Harvesting your garden

Garden harvesting

To beat the cool, overcast spring we’ve left 3 out of 4 leafy-greens per square foot, and replaced the 4th with a pepper or an eggplant. You will have to clear out the rest of the square to give your summer plants room to grow, but for now they can share to give you a little more spring harvest. Radishes are ready to pick around 25 days after you plant them. Harvest them now to enjoy them while they are at their best and to make room for your other veggies (cucumbers) to grow.

Important maintenance tasks right now: Water on days where it is not raining, water deeply ideally in the morning. Weed early and often to keep small weeds from getting big and taking over your vegetable garden. Also remove any diseased or damaged leaves from any of your plants to keep your garden clean producing well.
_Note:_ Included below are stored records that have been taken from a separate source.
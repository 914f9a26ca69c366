-- ===== src/Node/Step.antt =====
-- What a turn of each thread keeps (main.rs and the parts that it starts).
use ce334_bitcoin_client.Prelude.{
  ap, ◌/◌, ◌≤◌, Returns-mono, All, Returns-both, ℕ, ◌==◌, ◌≡◌, ◌≢◌, refl, Bool, true, Option, none,
  some, List, [], ◌∷◌, arith, inl, inr, Returns, Returns-bind, List-cases, Bool-cases,
}
use ce334_bitcoin_client.Platform.{Platform}
use ce334_bitcoin_client.Blockchain.Reach.{Reach-IsSound}
use ce334_bitcoin_client.Network.Message.{Message}
use ce334_bitcoin_client.Network.Slab.{Slabs, IsSlabs}
use ce334_bitcoin_client.Network.Server.{
  Outlet, SocketEnd, connect_new_peer, Peer, PollCall, control_event, incoming_event, peer_event,
}
use ce334_bitcoin_client.Network.Server.Sockets.{unheard, heard_throughout}
use ce334_bitcoin_client.Network.Server.Events.{IsFatal, neither}
use ce334_bitcoin_client.Network.Worker.{handle_message}
use ce334_bitcoin_client.Network.Worker.Reached.{handle_message-kept}
use ce334_bitcoin_client.Miner.{Received, signal, empty, disconnected, miner_iteration}
use ce334_bitcoin_client.Miner
use ce334_bitcoin_client.TransactionGenerator.{generation_iteration}
use ce334_bitcoin_client.TransactionGenerator.Generated.{generation_iteration-kept}
use ce334_bitcoin_client.Api.{text_response, api_response, Response, Handles, send, handle_request}
use ce334_bitcoin_client.Api
use ce334_bitcoin_client.Api.Answers.{IsAnswer}
use ce334_bitcoin_client.Api.Requests.{handle_request-IsAnswer}
use ce334_bitcoin_client.Crypto.Hash.{h256_key}
use ce334_bitcoin_client.HashMap.Laws.{contains_key-true}
use ce334_bitcoin_client.Blockchain.{Blockchain}
use ce334_bitcoin_client.Blockchain.Valid.{IsValid}
use ce334_bitcoin_client.Blockchain.Growth.{
  ComesAfter, ComesAfter-IsKept, ComesAfter-self, IsStored,
}
use ce334_bitcoin_client.Miner.Announced.{IsWork-ComesAfter, miner_iteration-MinerProgress}
use ce334_bitcoin_client.Network.Worker.Announced.{block_hashes, handle_message-announced}
use ce334_bitcoin_client.Node.Outgoing.{
  IsOutgoing, AreStored, IsOutgoing-ComesAfter, send-IsOutgoing, broadcast-IsOutgoing,
  broadcast_all-IsOutgoing, IsAnswer-IsOutgoing, effects-AreStored,
}
use ce334_bitcoin_client.Node.{
  false, heard_by, Node, Turn, worker_turn, miner_turn, generator_turn, request_turn, connect_turn,
  control_turn, incoming_turn, peer_turn, receive, broadcast_all, take_turn,
}
use ce334_bitcoin_client.Node.Sound.{IsSafe, IsAllowed, act-IsSafe, serve-IsSafe}

receive-connected : (q : List Miner.ControlSignal) → (receive q).0 ≢ disconnected
receive-connected [] e = grind (arith, e)
receive-connected (s ∷ rest) e = grind (arith, e)

module _ (p : Platform) (S : Slabs Peer) (laws : IsSlabs S) (serialize : Message → List ℕ)
    (deserialize : List ℕ → Option Message) (poll : PollCall → Bool)
    (granted : (c : PollCall) → poll c ≡ true) where
  abbrev Safe : Node S → Type 0
  Safe = IsSafe p S laws serialize deserialize poll

  miner_turn-IsSafe :
      (random created now : ℕ) (n : Node S)
      → Safe n
      → Returns Safe (take_turn p S serialize deserialize poll (miner_turn random created now) n)
  unfolding take_turn
  miner_turn-IsSafe random created now n safe =
      Returns-bind _ Safe _
        (miner_iteration p (receive n.handles.miner.queue).0 random created now n.miner n.chain)
        (miner_iteration-MinerProgress p _ random created now n.miner n.chain
          (receive-connected n.handles.miner.queue) safe.reached safe.working)
        (λ r progress.
          Returns-bind _ Safe _ (broadcast_all r.1 _)
            (broadcast_all-IsOutgoing r.2 r.1 _ progress.2
              (IsOutgoing-ComesAfter p n.chain r.2 n.handles progress.0 safe.outgoing))
            (λ h o. record {
              reached = progress.0.0;
              serving = safe.serving;
              staffed = safe.staffed;
              sender = safe.sender;
              working = progress.1;
              outgoing = o;
            }))

  generator_turn-IsSafe :
      (random_receiver random_validity : ℕ) (n : Node S)
      → Safe n
      → Returns Safe (
          take_turn p S serialize deserialize poll
            (generator_turn random_receiver random_validity)
            n)
  unfolding take_turn
  generator_turn-IsSafe rr rv n safe = elim (List-cases n.handles.tx_gen.queue) [
    | inl idle ↦ rw (take_turn, idle) safe
    | inr (x, rest, waits) ↦ elim (Bool-cases n.is_generating) [
      | inr starts ↦
          rw (take_turn, waits, starts)
            (record {
              reached = safe.reached;
              serving = safe.serving;
              staffed = safe.staffed;
              sender = safe.sender;
              working = safe.working;
              outgoing = safe.outgoing;
            })
      | inl loops ↦
          rw (take_turn, waits, loops)
            (Returns-bind _ Safe _ (generation_iteration p n.next_sender_acc rr rv n.chain)
              (generation_iteration-kept p (ComesAfter p n.chain) (ComesAfter-IsKept p n.chain)
                n.next_sender_acc rr rv n.chain safe.sender (ComesAfter-self p safe.reached))
              (λ r h.
                let taken = record n.handles {
                  tx_gen = record n.handles.tx_gen { queue = rest };
                } in
                let silent : All (IsStored r.2) (block_hashes r.1) = rw h.1.1 tt in
                Returns-bind (IsOutgoing r.2) Safe _ (Api.broadcast r.1 taken)
                  (broadcast-IsOutgoing r.2 r.1 taken silent
                    (IsOutgoing-ComesAfter p n.chain r.2 taken h.2 safe.outgoing))
                  (λ h' o. record {
                    reached = h.2.0;
                    serving = safe.serving;
                    staffed = safe.staffed;
                    sender = h.0;
                    working =
                        IsWork-ComesAfter p n.chain r.2 n.miner.current_block h.2 safe.working;
                    outgoing = o;
                  })))
    ]
  ]

  handle_message-AreStored :
      (m : Message) (bc : Blockchain)
      → IsValid p bc
      → Returns (λ r. AreStored r.1 r.0) (handle_message p m bc)
  handle_message-AreStored m bc v =
      Returns-mono _ (λ r. AreStored r.1 r.0) (handle_message p m bc)
        (λ r same.
          effects-AreStored r.1 r.0
            (λ k q. contains_key-true k r.1.hash_to_block (ground (arith, q, same k))))
        (handle_message-announced p m bc v)

  worker_turn-IsSafe :
      (is_connected : Bool) (n : Node S)
      → Safe n
      → IsAllowed p S laws serialize deserialize poll (worker_turn is_connected) n
      → Returns Safe (take_turn p S serialize deserialize poll (worker_turn is_connected) n)
  unfolding take_turn
  worker_turn-IsSafe c n safe allowed = elim (List-cases n.inbox) [
    | inl idle ↦ rw (take_turn, idle) safe
    | inr (d, rest, waits) ↦
        let (m, reads) : (m : Message) × (deserialize d.0 ≡ some m) = rw waits at allowed in
        rw (take_turn, waits, reads)
          (Returns-bind _ Safe _ (handle_message p m n.chain)
            (Returns-both (λ r. ComesAfter p n.chain r.1) (λ r. AreStored r.1 r.0) _
              (handle_message-kept p (ComesAfter p n.chain) (ComesAfter-IsKept p n.chain) m n.chain
                (ComesAfter-self p safe.reached))
              (handle_message-AreStored m n.chain (Reach-IsSound p safe.reached).valid))
            (λ r h.
              act-IsSafe p S laws serialize deserialize poll c d.1 r.0
                (record n { chain = r.1; inbox = rest })
                (record {
                  reached = h.0.0;
                  serving = safe.serving;
                  staffed = safe.staffed;
                  sender = safe.sender;
                  working = IsWork-ComesAfter p n.chain r.1 n.miner.current_block h.0 safe.working;
                  outgoing = IsOutgoing-ComesAfter p n.chain r.1 n.handles h.0 safe.outgoing;
                })
                h.1))
  ]

  -- While there is a worker, every message is heard.
  peer_harmless :
      (token : ℕ) (readable : Option (List ℕ × SocketEnd)) (writable : Option Outlet) (n : Node S)
      → 1 ≤ n.workers
      → IsAllowed p S laws serialize deserialize poll (peer_turn token readable writable) n
      → ¬ IsFatal S laws serialize poll
          (peer_event token (heard_by n.workers readable) writable)
          n.server
  peer_harmless token readable writable n staffed allowed (inl stale) = allowed stale
  peer_harmless token none writable n staffed allowed (inr lost) = ground (arith, lost.1)
  peer_harmless token (some (available, end)) writable n staffed allowed (inr lost) =
      let some_worker : (n.workers == 0) ≡ false = ground (arith, staffed) in
      let heard = heard_throughout S laws serialize poll (token / 2) available end n.server in
      let staffed_input : heard_by n.workers (some (available, end)) ≡ some (available, end, none) =
        rw some_worker refl in
      let same = ap (λ i. unheard S laws serialize poll (token / 2) i n.server) staffed_input in
      ground (arith, lost.1, same, heard)

  pub take_turn-IsSafe :
      (turn : Turn) (n : Node S)
      → Safe n
      → IsAllowed p S laws serialize deserialize poll turn n
      → Returns Safe (take_turn p S serialize deserialize poll turn n)
  unfolding take_turn
  take_turn-IsSafe (worker_turn c) n safe allowed = worker_turn-IsSafe c n safe allowed
  take_turn-IsSafe (miner_turn random created now) n safe allowed =
      miner_turn-IsSafe random created now n safe
  take_turn-IsSafe (generator_turn rr rv) n safe allowed = generator_turn-IsSafe rr rv n safe
  take_turn-IsSafe (request_turn url) n safe allowed =
      Returns-bind (IsAnswer n.chain n.handles url) Safe _ (handle_request url n.chain n.handles)
        (handle_request-IsAnswer p url n.chain n.handles (Reach-IsSound p safe.reached).valid
          allowed safe.outgoing.0)
        (λ r a. record {
          reached = safe.reached;
          serving = safe.serving;
          staffed = safe.staffed;
          sender = safe.sender;
          working = safe.working;
          outgoing = IsAnswer-IsOutgoing n.chain n.handles url r safe.outgoing a;
        })
  take_turn-IsSafe (connect_turn connects peer_new) n safe allowed =
      Returns-bind _ Safe _ (send (connect_new_peer connects peer_new) n.handles.network)
        (send-IsOutgoing n.chain (connect_new_peer connects peer_new) n.handles tt safe.outgoing)
        (λ network o. record {
          reached = safe.reached;
          serving = safe.serving;
          staffed = safe.staffed;
          sender = safe.sender;
          working = safe.working;
          outgoing = o;
        })
  take_turn-IsSafe control_turn n safe allowed =
      serve-IsSafe p S laws serialize deserialize poll (control_event n.handles.network.queue true)
        _
        (record {
          reached = safe.reached;
          serving = safe.serving;
          staffed = safe.staffed;
          sender = safe.sender;
          working = safe.working;
          outgoing = (safe.outgoing.0, tt);
        })
        granted neither refl
  take_turn-IsSafe (incoming_turn streams is_broken) n safe allowed =
      serve-IsSafe p S laws serialize deserialize poll (incoming_event streams is_broken) n safe
        granted neither allowed
  take_turn-IsSafe (peer_turn token readable writable) n safe allowed =
      serve-IsSafe p S laws serialize deserialize poll
        (peer_event token (heard_by n.workers readable) writable) n safe granted
        (peer_harmless token readable writable n safe.staffed allowed) refl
Harvest your leafy greens by removing the outer leaves. The small inner leaves will continue to grow for a continual harvest. Be sure to remove the entire leaf right down to the bottom. Step outside with your salad bowl and a leaf from all your greens: roquette, lettuce, bok choy, tatsoi, kale, swiss chard and rapini for your daily garden salad. Some of these greens are starting to go to seed. You can pick the flowers and eat them as well! Pinching out the flowers will help keep the greens tasting better longer.

Slugs are starting to come out. At this time of year they are still small. It is important to get them out of the garden right away. They grow quickly and multiply! Use beer traps and hand picking to get out ahead of the population explosion. Watering in the morning instead of at night can greatly reduce slug populations as it makes it harder for them to get around at dusk on the dry soil surface.

The leaf miners are back. They cause the burn-like damage on Swiss chard and beet greens. You can save your plants by removing any damaged leaves right away, and inspecting the underside of healthy leaves and remove any eggs.